> _Activity_:
Reproduce the entries exactly, beginning with the line containing "let ih = Numbered-max_sequence" and ending with their last line, both included.

* * * * * * * * *

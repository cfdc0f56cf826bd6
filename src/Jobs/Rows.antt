-- ===== src/Jobs/Rows.antt =====
-- Facts on the rows of packages/db/src/index.ts: which rows an insertion or an update adds to the
-- index of active mutating jobs, and how events of a job are numbered.
use ollama_remote_control.Prelude.{
  ℕ, ◌+◌, ◌≤◌, ◌<◌, ◌≡◌, refl, inl, inr, Bool, true, false, not, ◌&&◌, ◌||◌, List, [], ◌∷◌, ◌++◌,
  map, arith, Bool-cases, text_eq, text_eq→eq, text_eq_self, if◌then◌else◌, any,
}
use ollama_remote_control.Modelfile.Chars.{Text}
use ollama_remote_control.Jobs.Data.{
  JobState, same_state, StoredJob, StoredJobEvent, JobTransitionUpdate,
}
use ollama_remote_control.Jobs.Store.{
  is_active, locks, has_id, distinct_locks, in_state, apply_update, update_rows, max_sequence,
  of_job,
}

pub any-append {ℓ} :
    {A : Type ℓ} (p : A → Bool) (xs ys : List A) → any p (xs ++ ys) ≡ (any p xs || any p ys)
unfolding any
any-append p [] ys = refl
any-append p (x ∷ xs) ys = ground (arith, any-append p xs ys)

pub same_state→eq : (a b : JobState) → same_state a b ≡ true → a ≡ b
same_state→eq a b h = ground arith

pub same_state_self : (a : JobState) → same_state a a ≡ true
same_state_self a = ground arith

pub distinct_locks-concat :
    (js : List StoredJob) (j : StoredJob)
    → distinct_locks js ≡ true
    → (j.mutating && is_active j.state && any (locks j.target_id) js) ≡ false
    → distinct_locks (js ++ j ∷ []) ≡ true
unfolding distinct_locks any
distinct_locks-concat [] j h e = ground arith
distinct_locks-concat (i ∷ is) j h e = ground (
  arith,
  distinct_locks-concat is j,
  any-append (locks i.target_id) is (j ∷ []),
  text_eq→eq i.target_id j.target_id,
  text_eq→eq j.target_id i.target_id,
  text_eq_self i.target_id,
)

-- A mapping that makes the test pass nowhere new.
any-weaker :
    {A : Type 0} (p : A → Bool) (f : A → A)
    → ((x : A) → p (f x) ≡ true → p x ≡ true)
    → (xs : List A) → any p (map f xs) ≡ true
    → any p xs ≡ true
unfolding any
any-weaker p f w [] h = h
any-weaker p f w (x ∷ xs) h = ground (arith, w x, any-weaker p f w xs)

stays_distinct :
    (a b c d a' b' c' d' : Bool)
    → ((a' && b') ≡ true → (a && b) ≡ true)
    → (c' ≡ true → c ≡ true)
    → (d ≡ true → d' ≡ true)
    → (not (a && b && c) && d) ≡ true
    → (not (a' && b' && c') && d') ≡ true
stays_distinct a b c d a' b' c' d' p q r h = ground arith

module _ (id : Text) (expected : JobState) (u : JobTransitionUpdate) where
  abbrev updated_row : StoredJob → StoredJob
  updated_row j = if in_state id expected j then apply_update u j else j

  updated_row-id : (j : StoredJob) → (updated_row j).id ≡ j.id
  updated_row-id j = ground arith

  updated_row-target : (j : StoredJob) → (updated_row j).target_id ≡ j.target_id
  updated_row-target j = ground arith

  module _ (keeps_idle : is_active u.state ≡ true → is_active expected ≡ true) where
    updated_row-locks :
        (target : Text) (j : StoredJob)
        → locks target (updated_row j) ≡ true
        → locks target j ≡ true
    updated_row-locks target j h = ground (arith, same_state→eq j.state expected)

    updated_row-indexed :
        (j : StoredJob)
        → ((updated_row j).mutating && is_active (updated_row j).state) ≡ true
        → (j.mutating && is_active j.state) ≡ true
    updated_row-indexed j h = ground (arith, same_state→eq j.state expected)

    any-update_rows :
        (target : Text) (js : List StoredJob)
        → any (locks target) (update_rows id expected u js) ≡ true
        → any (locks target) js ≡ true
    unfolding update_rows
    any-update_rows target js = any-weaker (locks target) updated_row (updated_row-locks target) js

    -- An update that makes no idle row active adds nothing to the index.
    pub distinct_locks-update_rows :
        (js : List StoredJob)
        → distinct_locks js ≡ true
        → distinct_locks (update_rows id expected u js) ≡ true
    unfolding update_rows distinct_locks
    distinct_locks-update_rows [] h = refl
    distinct_locks-update_rows (j ∷ js) h =
        stays_distinct j.mutating (is_active j.state) (any (locks j.target_id) js)
          (distinct_locks js) (updated_row j).mutating (is_active (updated_row j).state) _ _
          (updated_row-indexed j)
          (λ e. any-update_rows j.target_id js (rw (updated_row-target j) at e))
          (distinct_locks-update_rows js) h

  pub any-has_id-update_rows :
      (other : Text) (js : List StoredJob)
      → any (has_id other) (update_rows id expected u js) ≡ any (has_id other) js
  unfolding update_rows any
  any-has_id-update_rows other [] = refl
  any-has_id-update_rows other (j ∷ js) = ground (arith, any-has_id-update_rows other js)

-- No two rows share an id.
unfoldable pub distinct_ids : List StoredJob → Bool
distinct_ids [] = true
distinct_ids (j ∷ js) = not (any (has_id j.id) js) && distinct_ids js

pub distinct_ids-concat :
    (js : List StoredJob) (j : StoredJob)
    → distinct_ids js ≡ true
    → any (has_id j.id) js ≡ false
    → distinct_ids (js ++ j ∷ []) ≡ true
unfolding distinct_ids any
distinct_ids-concat [] j h e = ground arith
distinct_ids-concat (i ∷ is) j h e = ground (
  arith,
  distinct_ids-concat is j,
  any-append (has_id i.id) is (j ∷ []),
  text_eq→eq i.id j.id,
  text_eq→eq j.id i.id,
  text_eq_self i.id,
)

pub distinct_ids-update_rows :
    (id : Text) (expected : JobState) (u : JobTransitionUpdate) (js : List StoredJob)
    → distinct_ids js ≡ true
    → distinct_ids (update_rows id expected u js) ≡ true
unfolding distinct_ids update_rows
distinct_ids-update_rows id expected u [] h = refl
distinct_ids-update_rows id expected u (j ∷ js) h =
    ground (
      arith,
      distinct_ids-update_rows id expected u js,
      any-has_id-update_rows id expected u j.id js,
    )

-- The number of events of a job.
unfoldable pub count_events : Text → List StoredJobEvent → ℕ
count_events id [] = 0
count_events id (e ∷ es) = (if of_job id e then 1 else 0) + count_events id es

pub count_events-append :
    (id : Text) (es fs : List StoredJobEvent)
    → count_events id (es ++ fs) ≡ count_events id es + count_events id fs
unfolding count_events
count_events-append id [] fs = omega arith
count_events-append id (e ∷ es) fs = omega (arith, count_events-append id es fs)

-- The events of each job are numbered from one in the order of their insertion, behind those that
-- are counted by `before`.
abbrev pub Numbered : (Text → ℕ) → List StoredJobEvent → Type 0
Numbered before [] = Unit {0}
Numbered before (e ∷ es) =
    (e.sequence ≡ before e.job_id + 1)
    × Numbered (λ id. before id + (if of_job id e then 1 else 0)) es

pub Numbered-concat :
    (before : Text → ℕ) (es : List StoredJobEvent) (e : StoredJobEvent)
    → Numbered before es
    → e.sequence ≡ before e.job_id + count_events e.job_id es + 1
    → Numbered before (es ++ e ∷ [])
unfolding count_events
Numbered-concat before [] e h s = (omega (arith, s), tt)
Numbered-concat before (f ∷ fs) e h s = (
  h.0,
  Numbered-concat (λ id. before id + (if of_job id f then 1 else 0)) fs e h.1 (omega (arith, s)),
)

pub Numbered-max_sequence :
    (id : Text) (before : Text → ℕ) (es : List StoredJobEvent)
    → Numbered before es
    → (max_sequence id es ≤ before id + count_events id es)
      × (0 < count_events id es → max_sequence id es ≡ before id + count_events id es)
unfolding max_sequence count_events
Numbered-max_sequence id before [] h = (omega arith, λ p. absurd (omega arith))
Numbered-max_sequence id before (e ∷ es) h =
    let ih = Numbered-max_sequence id (λ i. before i + (if of_job i e then 1 else 0)) es h.1 in
    elim (Bool-cases (text_eq e.job_id id)) [
      | inl own ↦
          let here : e.sequence ≡ before id + 1 = rw (← text_eq→eq e.job_id id own) h.0 in
          ground (arith, ih.0, ih.1)
      | inr other ↦ ground (arith, ih.0, ih.1)
    ]

-- The next number of a job whose events are numbered.
pub next-sequence :
    (id : Text) (es : List StoredJobEvent)
    → Numbered (λ i. 0) es
    → max_sequence id es ≡ count_events id es
next-sequence id es h =
    let (le, eq) = Numbered-max_sequence id (λ i. 0) es h in ground (arith, le, eq)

* * * * * * * * *

> _Answer to this problem_:
    let ih = Numbered-max_sequence id (λ i. before i + (if of_job i e then 1 else 0)) es h.1 in
    elim (Bool-cases (text_eq e.job_id id)) [
      | inl own ↦
          let here : e.sequence ≡ before id + 1 = rw (← text_eq→eq e.job_id id own) h.0 in
          ground (arith, ih.0, ih.1)
      | inr other ↦ ground (arith, ih.0, ih.1)
    ]

-- The next number of a job whose events are numbered.
pub next-sequence :
    (id : Text) (es : List StoredJobEvent)
    → Numbered (λ i. 0) es
    → max_sequence id es ≡ count_events id es
next-sequence id es h =
    let (le, eq) = Numbered-max_sequence id (λ i. 0) es h in ground (arith, le, eq)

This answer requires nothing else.